Senin, 17 Januari 2011

GLOBALISME, POPULISME, DAN EKONOMI PANCASILA

The success of Indonesia’s economic policies confirmed the idea that, as much as possible, economic policies should be insulated from undue political influence. Moreover, experience has demonstrated that alternative schools of economic policy making, including communism, socialism, and even “supply side economics”, in the long run have all failed. In the meantime the field of neo-classical economics is progressing steadily. It is here that policy making should seek guidance in creating economic policies (Radius Prawiro, 1998:335)

In this precarious state, the government took the bold move of removing all restrictions on the flow of capital into and out of the country.
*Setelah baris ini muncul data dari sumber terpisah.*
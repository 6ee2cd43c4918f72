-- ===== src/Vfs/Calls/Allowed.antt =====
-- The nodes that `user_lookup_at` returns are those that the caller may reach.
use pastoral.Base.{
  ℕ, ◌↔◌, >>=-eq-some, ◌≡◌, refl, sym, ap, ◌∙◌, true, false, none, some, List, [], ◌∷◌, get_elem?,
  if◌then◌else◌, arith, Bool-cases, Option-cases, inl, inr,
}
use pastoral.Process.{Reply, ret, fail, minus_one}
use pastoral.Fd.{Stat}
use pastoral.Fd.Access.{stat_has_access, x_ok}
use pastoral.Vfs.{Vfs, VfsNode, stat_of, subpaths, vfs_search_relative}
use pastoral.Vfs.Calls.{
  Caller, tests, may_search, lookup_last, lookup_names, user_lookup_at, user_dir_lookup, is_root,
  at_symlink_nofollow, at_eaccess,
}

-- The ids by which the access to the node is decided.
abbrev pub asking_uid : ℕ → Caller → ℕ
asking_uid flags c = if tests flags at_eaccess then c.creds.effective_uid else c.creds.real_uid

abbrev pub asking_gid : ℕ → Caller → ℕ
asking_gid flags c = if tests flags at_eaccess then c.creds.effective_gid else c.creds.real_gid

-- Node `i` has the access that was asked for.
pub record Accessible (flags mode : ℕ) (c : Caller) (v : Vfs) (i : ℕ) : Type 0 where
  pub node : VfsNode
  pub stat : Stat
  pub is_node : get_elem? v.nodes i ≡ some node
  pub has_stat : stat_of v node ≡ some stat
  pub access : stat_has_access stat (asking_uid flags c) (asking_gid flags c) mode ≡ true

-- The caller may search node `d` by its effective ids.
pub record Searchable (c : Caller) (v : Vfs) (d : ℕ) : Type 0 where
  pub node : VfsNode
  pub stat : Stat
  pub is_node : get_elem? v.nodes d ≡ some node
  pub has_stat : stat_of v node ≡ some stat
  pub access : stat_has_access stat c.creds.effective_uid c.creds.effective_gid x_ok ≡ true

-- The node that stands for `n`, which is at `j`: the one that is mounted on it, if there is one.
abbrev pub behind_mount : VfsNode → ℕ → ℕ
behind_mount n j = elim n.mountpoint [ none ↦ j | some m ↦ m ]

-- The names, the first and the others, lead from node `parent` to node `i`, and the caller may search
-- every directory on the way.
abbrev pub Walk : ℕ → ℕ → ℕ → Caller → Vfs → ℕ → ℕ → List ℕ → List (List ℕ) → Type 0
Walk fuel flags mode c v i parent name [] =
    Searchable c v parent
    × (vfs_search_relative fuel v parent name (tests flags at_symlink_nofollow) ≡ some (some i))
    × Accessible flags mode c v i
Walk fuel flags mode c v i parent name (next ∷ names) =
    Searchable c v parent
    × ((j : ℕ) × (n : VfsNode) × (vfs_search_relative fuel v parent name true ≡ some (some j))
        × (get_elem? v.nodes j ≡ some n)
        × Walk fuel flags mode c v i (behind_mount n j) next names)

-- The names of the path lead to node `i` from where the path starts.
pub record Reachable (fuel flags mode : ℕ) (c : Caller) (v : Vfs) (i dirfd : ℕ) (path : List ℕ)
    : Type 0 where
  pub parent : ℕ
  pub name : List ℕ
  pub names : List (List ℕ)
  pub starts : user_dir_lookup dirfd path c v ≡ ret parent
  pub split : subpaths path ≡ some (name ∷ names)
  pub walk : Walk fuel flags mode c v i parent name names

may_search-Searchable :
    (c : Caller) (v : Vfs) (d : ℕ) → may_search d c v ≡ some true → Searchable c v d
unfolding may_search
may_search-Searchable c v d e =
    let (n, at, e₁) = >>=-eq-some (get_elem? v.nodes d) _ e in
    let (st, owned, e₂) = >>=-eq-some (stat_of v n) _ e₁ in
    record { node = n; stat = st; is_node = at; has_stat = owned; access = ground (arith, e₂) }

may_search-true : (c : Caller) (v : Vfs) (d : ℕ) → Searchable c v d → may_search d c v ≡ some true
unfolding may_search
may_search-true c v d s = rw (may_search, s.is_node, s.has_stat, s.access) refl

module _ (fuel flags mode : ℕ) (c : Caller) (v : Vfs) (i : ℕ) where
  lookup_last-Walk :
      (parent : ℕ) (name : List ℕ)
      → lookup_last fuel parent name flags mode c v ≡ some (ret i)
      → Walk fuel flags mode c v i parent name []
  unfolding lookup_last
  lookup_last-Walk parent name e = elim (Option-cases (may_search parent c v)) [
    | inl fault ↦ absurd (ground (arith, rw fault at e))
    | inr (false, no_right) ↦ absurd (ground (arith, rw no_right at e))
    | inr (true, right) ↦
        elim (Option-cases
          (vfs_search_relative fuel v parent name (tests flags at_symlink_nofollow))) [
            | inl fault ↦ absurd (ground (arith, rw (right, fault) at e))
            | inr (none, missing) ↦ absurd (ground (arith, rw (right, missing) at e))
            | inr (some j, found) ↦ elim (Option-cases (get_elem? v.nodes j)) [
              | inl fault ↦ absurd (ground (arith, rw (right, found, fault) at e))
              | inr (n, at) ↦ elim (Option-cases (stat_of v n)) [
                | inl fault ↦ absurd (ground (arith, rw (right, found, at, fault) at e))
                | inr (st, owned) ↦
                    elim (Bool-cases
                      (stat_has_access st (asking_uid flags c) (asking_gid flags c) mode)) [
                        | inr denied ↦
                            absurd (ground (arith, rw (right, found, at, owned, denied) at e))
                        | inl granted ↦
                            let same : j ≡ i =
                              ground (arith, rw (right, found, at, owned, granted) at e) in
                            (
                              may_search-Searchable c v parent right,
                              found ∙ ap (λ (k : ℕ). some (some k)) same,
                              record {
                                node = n;
                                stat = st;
                                is_node = ap (λ (k : ℕ). get_elem? v.nodes k) (sym same) ∙ at;
                                has_stat = owned;
                                access = granted;
                              },
                            )
                      ]
              ]
            ]
          ]
  ]

  lookup_names-Walk :
      (names : List (List ℕ)) (parent : ℕ) (name : List ℕ)
      → lookup_names fuel parent name names flags mode c v ≡ some (ret i)
      → Walk fuel flags mode c v i parent name names
  unfolding lookup_names
  lookup_names-Walk [] parent name e = lookup_last-Walk parent name e
  lookup_names-Walk (next ∷ names) parent name e = elim (Option-cases (may_search parent c v)) [
    | inl fault ↦ absurd (ground (arith, rw fault at e))
    | inr (false, no_right) ↦ absurd (ground (arith, rw no_right at e))
    | inr (true, right) ↦ elim (Option-cases (vfs_search_relative fuel v parent name true)) [
      | inl fault ↦ absurd (ground (arith, rw (right, fault) at e))
      | inr (none, missing) ↦ absurd (ground (arith, rw (right, missing) at e))
      | inr (some j, found) ↦ elim (Option-cases (get_elem? v.nodes j)) [
        | inl fault ↦ absurd (ground (arith, rw (right, found, fault) at e))
        | inr (n, at) ↦ (
          may_search-Searchable c v parent right,
          (
            j,
            n,
            found,
            at,
            lookup_names-Walk names (behind_mount n j) next (rw (right, found, at) at e),
          ),
        )
      ]
    ]
  ]

  Walk-lookup_names :
      (names : List (List ℕ)) (parent : ℕ) (name : List ℕ)
      → Walk fuel flags mode c v i parent name names
      → lookup_names fuel parent name names flags mode c v ≡ some (ret i)
  unfolding lookup_names lookup_last
  Walk-lookup_names [] parent name (s, found, a) =
      rw
        (
          lookup_names,
          may_search-true c v parent s,
          lookup_last,
          found,
          a.is_node,
          a.has_stat,
          a.access,
        )
        refl
  Walk-lookup_names (next ∷ names) parent name (s, (j, n, found, at, further)) =
      rw (lookup_names, may_search-true c v parent s, found, at)
        (Walk-lookup_names names (behind_mount n j) next further)

  from_directory :
      (dirfd : ℕ) (path : List ℕ) (reply : Reply)
      → user_dir_lookup dirfd path c v ≡ reply
      → is_root path ≡ false
      → user_lookup_at fuel dirfd path flags mode c v ≡ some (ret i)
      → Reachable fuel flags mode c v i dirfd path
  unfolding user_lookup_at
  from_directory dirfd path minus_one d other e = absurd (ground (arith, rw (other, d) at e))
  from_directory dirfd path (fail x) d other e = absurd (ground (arith, rw (other, d) at e))
  from_directory dirfd path (ret parent) d other e = elim (Option-cases (subpaths path)) [
    | inl fault ↦ absurd (ground (arith, rw (other, d, fault) at e))
    | inr (name ∷ rest, split) ↦ record {
      parent = parent;
      name = name;
      names = rest;
      starts = d;
      split = split;
      walk = lookup_names-Walk rest parent name (rw (other, d, split) at e);
    }
    | inr ([], split) ↦ elim (Option-cases (may_search parent c v)) [
      | inl fault ↦ absurd (ground (arith, rw (other, d, split, fault) at e))
      | inr (true, right) ↦ absurd (ground (arith, rw (other, d, split, right) at e))
      | inr (false, no_right) ↦ absurd (ground (arith, rw (other, d, split, no_right) at e))
    ]
  ]

  to_directory :
      (dirfd : ℕ) (path : List ℕ)
      → is_root path ≡ false
      → Reachable fuel flags mode c v i dirfd path
      → user_lookup_at fuel dirfd path flags mode c v ≡ some (ret i)
  unfolding user_lookup_at
  to_directory dirfd path other r =
      rw
        (user_lookup_at, other, r.starts, r.split, Walk-lookup_names r.names r.parent r.name r.walk)
        refl

  -- For a path other than "/", `user_lookup_at` finds a node exactly if the names of the path lead to it
  -- from where the path starts, each directory on the way, with the node that a name leads to or the
  -- one mounted on it, is one that the caller may search by its effective ids, and the node has the
  -- access that was asked for, by the real ids or with AT_EACCESS the effective ones.
  pub user_lookup_at-Reachable :
      (dirfd : ℕ) (path : List ℕ)
      → is_root path ≡ false
      → (user_lookup_at fuel dirfd path flags mode c v ≡ some (ret i))
        ↔ Reachable fuel flags mode c v i dirfd path
  user_lookup_at-Reachable dirfd path other = (
    from_directory dirfd path (user_dir_lookup dirfd path c v) refl other,
    to_directory dirfd path other,
  )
Indonesia’s laws governing the flow of capital thus became some of the most liberal in the world, more so even than those of many of the most developed countries (Radius Prawiro, 1998:290).

Neo-Liberalism, in its extreme or revised form, presents us with a view of the world in which there are only two choices, an economy organized by markets or an economy organized by a dictatorial –or at best inept and inefficient- statist bureaucracy (MacEwan 1999:11)


Pendahuluan

Globalisasi mempunyai 2 pengertian pertama, sebagai deskripsi/definisi yaitu proses menyatunya pasar dunia menjadi satu pasar tunggal (borderless market), dan kedua, sebagai “obat kuat” (prescription) menjadikan ekonomi “lebih efisien” dan “lebih sehat” menuju kemajuan masyarakat dunia. Dengan dua pengertian ini jelas bahwa menurut para pendukung globalisasi, atau bagi para penganut paham globalisme, “tidak ada pilihan” bagi setiap negara untuk mengikutinya jika tidak mau ditinggalkan atau terisolasi dari perekonomian dunia yang mengalami kemajuan sangat pesat. [1]

[1] Harian Kompas, Selasa 28 Januari memuat 2 artikel, pertama berjudul Dua Globalisasi oleh B. Herry Priyono dan kedua, Another world is Possible oleh A. Prasetyantoko

Benarkah pilihannya hanya dua sebagaimana dikemukakan paham Neo-liberalisme? Benarkah tak ada hak sama sekali bagi setiap negara untuk “berbeda” dengan menerapkan sistem ekonomi yang sesuai sistem nilai dan budaya negara-negara bersangkutan? Arthur MacEwan membantah keras pandangan “tidak ada pilihan” ini dengan secara tegas menyatakan:

Contrary to the claims of its proponents, there are alternatives to the neo-liberalism course, and these alternatives are far preferable in term of immediate and long term consequences (MacEwan 1999:8)

Herry Priyono dan Prasetyantoko dalam artikel di Kompas 28 Januari 2003 sepakat dengan MacEwan bahwa alternatif itu memang ada. Kami sendiri memberi judul buku kami bersama Daniel W. Bromley “A Development Alternative for Indonesia” untuk menegaskan adanya alternatif strategi bagi pembangunan Indonesia.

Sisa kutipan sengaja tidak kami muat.